2. Rethinking Organizational Structure
Traditional machine learning teams often have a software factorization reflected in their organizational structure [00:15:38]. However, when building with LLMs and new tech stacks, this structure needs to be re-evaluated [00:15:57].
- Early Stages (Product Discovery): It’s beneficial to have vertically aligned, collapsed teams and software stacks to facilitate rapid iteration and product design discovery [00:16:46]. This fosters fast iteration and sharing of code, data, and models [00:17:01].

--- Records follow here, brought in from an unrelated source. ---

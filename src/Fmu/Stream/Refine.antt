-- ===== src/Fmu/Stream/Refine.antt =====
-- The stream does what the file does, call by call, as long as lengths stay below 2^32.
use Prim.Native.Nat.{min}
use mathlib.Core.Path.{subst}
use dse_fmi.Common.{
  ℕ, ◌+◌, ◌%◌, ◌^◌, ◌≤◌, ◌≡◌, refl, sym, ◌∙◌, ap, Bool, true, false, Option, none, some, List, [],
  ◌∷◌, ◌++◌, length, take, Bytes, ltb, if◌then◌else◌, length-take, length-append, take-take, arith,
}
use dse_fmi.Fmu.Stream.{
  BinarySignal, bytes_of, content, Appendable, BufferApi, Stream, SeekOp, Out, StreamOp, stream_op,
  stream_run,
}
use dse_fmi.Fmu.Stream.File.{File, file, file_op, file_run}
use dse_fmi.Fmu.Stream.Reads.{
  written, OffsetsFit, Fits, length-content, clip, clip-eq, read_from-ReadYields, written-cons,
  OffsetsFit-cons,
}

module _ (a : BufferApi) where
  -- A call on the stream does what the call on its file does.
  record Refines (more : ℕ) (op : StreamOp) (s : Option Stream) : Type 0 where
    out : (stream_op a op s).0 ≡ (file_op op (file s)).0
    state : file (stream_op a op s).1 ≡ (file_op op (file s)).1
    fits : Fits more (stream_op a op s).1

  move-Refines :
      (more p : ℕ) (op : StreamOp) (s : Stream)
      → Fits more (some s)
      → stream_op a op (some s) ≡ (Out.number p, some (record s { pos = p }))
      → file_op op (file (some s))
        ≡ (Out.number p, some (record { bytes = content s.signal; at = p }))
      → p ≤ s.signal.length
      → Refines more op (some s)
  move-Refines more p op s f e e' h = record {
    out = rw (e, e');
    state = rw (e, e');
    fits = rw e (record { at_most = h; buffer = f.0.buffer }, f.1);
  }

  write-Refines :
      (more : ℕ) (d : Bytes) (s : Stream)
      → Fits (length d + more) (some s)
      → Refines more (StreamOp.write d) (some s)
  unfolding stream_op file_op
  write-Refines more d s f =
      let kept : (if ltb s.signal.length s.pos then s.signal.length else s.pos) ≡ s.pos =
        clip-eq s.pos s.signal.length f.0.at_most in
      let cut : BinarySignal = record s.signal { length = s.pos } in
      let inside : Appendable cut d = omega (arith, f.0.buffer, f.0.at_most, f.1) in
      let added = a.append_length cut d inside in
      let end : (s.pos + length d) % 2 ^ 32 ≡ s.pos + length d = omega (arith, f.0.at_most, f.1) in
      let bytes : content (a.buffer_append cut d) ≡ take s.pos (content s.signal) ++ d =
        a.append_content cut d inside
        ∙ ap (λ (l : Bytes). l ++ d)
            (sym (take-take s.pos s.signal.length (bytes_of s.signal.binary) f.0.at_most)) in
      let size : s.pos + length d ≡ length (take s.pos (content s.signal) ++ d) = omega (
        arith,
        length-append (take s.pos (content s.signal)) d,
        length-take s.pos (content s.signal),
        length-content s.signal f.0.buffer,
        f.0.at_most,
      ) in
      record {
        out = refl;
        state = rw (kept, end) (λ i. some (record { bytes = bytes i; at = size i }));
        fits =
            rw (kept, end)
              (
                record { at_most = omega (arith, added); buffer = a.append_IsBuffer cut d inside },
                omega (arith, added, f.0.at_most, f.1),
              );
      }

  read-Refines :
      (more : ℕ) (u : Bool) (s : Stream)
      → Fits more (some s)
      → Refines more (StreamOp.read true u) (some s)
  unfolding stream_op file_op
  read-Refines more u s f =
      let r = read_from-ReadYields u s s.signal.binary refl f.0 in
      record {
        out = r.out;
        state = ap (λ (g : File). some g) (rw (length-content s.signal f.0.buffer) r.state);
        fits = (record { at_most = r.at_most; buffer = rw r.signal f.0.buffer }, rw r.signal f.1);
      }

  op-Refines :
      (more : ℕ) (op : StreamOp) (s : Option Stream)
      → Fits (written (op ∷ []) + more) s
      → OffsetsFit (op ∷ [])
      → Refines more op s
  unfolding stream_op file_op
  op-Refines more (StreamOp.read b u) none f o = record { out = refl; state = refl; fits = tt }
  op-Refines more (StreamOp.write d) none f o = record { out = refl; state = refl; fits = tt }
  op-Refines more (StreamOp.seek p op) none f o = record { out = refl; state = refl; fits = tt }
  op-Refines more StreamOp.tell none f o = record { out = refl; state = refl; fits = tt }
  op-Refines more StreamOp.eof none f o = record { out = refl; state = refl; fits = tt }
  op-Refines more StreamOp.close none f o = record { out = refl; state = refl; fits = tt }
  op-Refines more StreamOp.close (some s) f o = record { out = refl; state = refl; fits = tt }
  op-Refines more StreamOp.tell (some s) f o = record {
    out = refl;
    state = refl;
    fits = (f.0, omega (arith, f.1));
  }
  op-Refines more StreamOp.eof (some s) f o = record {
    out = rw (length-content s.signal f.0.buffer);
    state = refl;
    fits = (f.0, omega (arith, f.1));
  }
  op-Refines more (StreamOp.read false u) (some s) f o = record {
    out = refl;
    state = refl;
    fits = (f.0, omega (arith, f.1));
  }
  op-Refines more (StreamOp.read true u) (some s) f o =
      read-Refines more u s (f.0, omega (arith, f.1))
  op-Refines more (StreamOp.write d) (some s) f o = write-Refines more d s (f.0, omega (arith, f.1))
  op-Refines more (StreamOp.seek p SeekOp.seek_set) (some s) f o =
      move-Refines more (min p s.signal.length) (StreamOp.seek p SeekOp.seek_set) s
        (f.0, omega (arith, f.1)) (rw (clip p s.signal.length))
        (rw (length-content s.signal f.0.buffer)) (omega arith)
  op-Refines more (StreamOp.seek p SeekOp.seek_cur) (some s) f o =
      let sum : (s.pos + p) % 2 ^ 64 ≡ s.pos + p = omega (arith, f.0.at_most, f.1, o.0) in
      move-Refines more (min (s.pos + p) s.signal.length) (StreamOp.seek p SeekOp.seek_cur) s
        (f.0, omega (arith, f.1)) (rw (sum, clip (s.pos + p) s.signal.length))
        (rw (length-content s.signal f.0.buffer)) (omega arith)
  op-Refines more (StreamOp.seek p SeekOp.seek_end) (some s) f o =
      move-Refines more s.signal.length (StreamOp.seek p SeekOp.seek_end) s
        (f.0, omega (arith, f.1)) refl (rw (length-content s.signal f.0.buffer)) (omega arith)
  op-Refines more (StreamOp.seek p SeekOp.seek_reset) (some s) f o = record {
    out = refl;
    state = refl;
    fits = (record { at_most = omega arith; buffer = omega arith }, omega (arith, f.1));
  }
  op-Refines more (StreamOp.seek p SeekOp.seek_other) (some s) f o = record {
    out = refl;
    state = refl;
    fits = (f.0, omega (arith, f.1));
  }

  -- A sequence of calls on a sound stream, whose writes keep the length below 2^32 and whose seeks
  -- have offsets below 2^63, gives the results that the same calls have on the file of the stream,
  -- leaves the file that they leave, and leaves a sound stream: a read takes what lies behind the
  -- position, a write replaces it, and a seek moves the position, at most to the end.
  pub stream_run-file_run :
      (ops : List StreamOp) (s : Option Stream)
      → Fits (written ops) s
      → OffsetsFit ops
      → ((stream_run a ops s).0 ≡ (file_run ops (file s)).0)
        × (file (stream_run a ops s).1 ≡ (file_run ops (file s)).1)
        × Fits 0 (stream_run a ops s).1
  unfolding stream_run file_run
  stream_run-file_run [] s f o = (refl, refl, f)
  stream_run-file_run (op ∷ ops) s f o =
      let (first, later) = OffsetsFit-cons op ops o in
      let r = op-Refines (written ops) op s (subst (λ n. Fits n s) (written-cons op ops) f) first in
      let ih = stream_run-file_run ops (stream_op a op s).1 r.fits later in
      (cc (r.out, r.state, ih.0), cc (r.state, ih.1), ih.2)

- Later Stages (Optimization and Scale): Once the product design and agent use cases are understood, the organization can transition to a more horizontal structure [00:17:10]. This allows for optimization, performance improvement, cost reduction, increased testability, and transparency [00:17:29]. For instance, common guardrails like filtering financial advice queries should be horizontally managed across teams to avoid redundant effort [00:17:41]. This also enables breaking down monolithic agents into smaller, more manageable pieces [00:18:12].
Example: Research Analyst Agent
For a research analyst, a current agent architecture looks like this:
- An agent deeply understands the user’s query and session context [00:18:28].
- It determines the necessary information and dispatches to a tool, often with an NLP front end, to fetch data [00:18:34].
- Answer generation has its own agent, with strict rules for well-formed answers [00:18:43].
- Non-optional guardrails are called at multiple points, ensuring no autonomy where core principles are concerned [00:18:50].
- The system builds upon years of traditional and modern data management techniques [00:18:59].
This approach reflects the understanding that to successfully scale and deploy AI agents, organizations must adapt their technical and structural mindsets to prioritize resilience and disciplined factorization.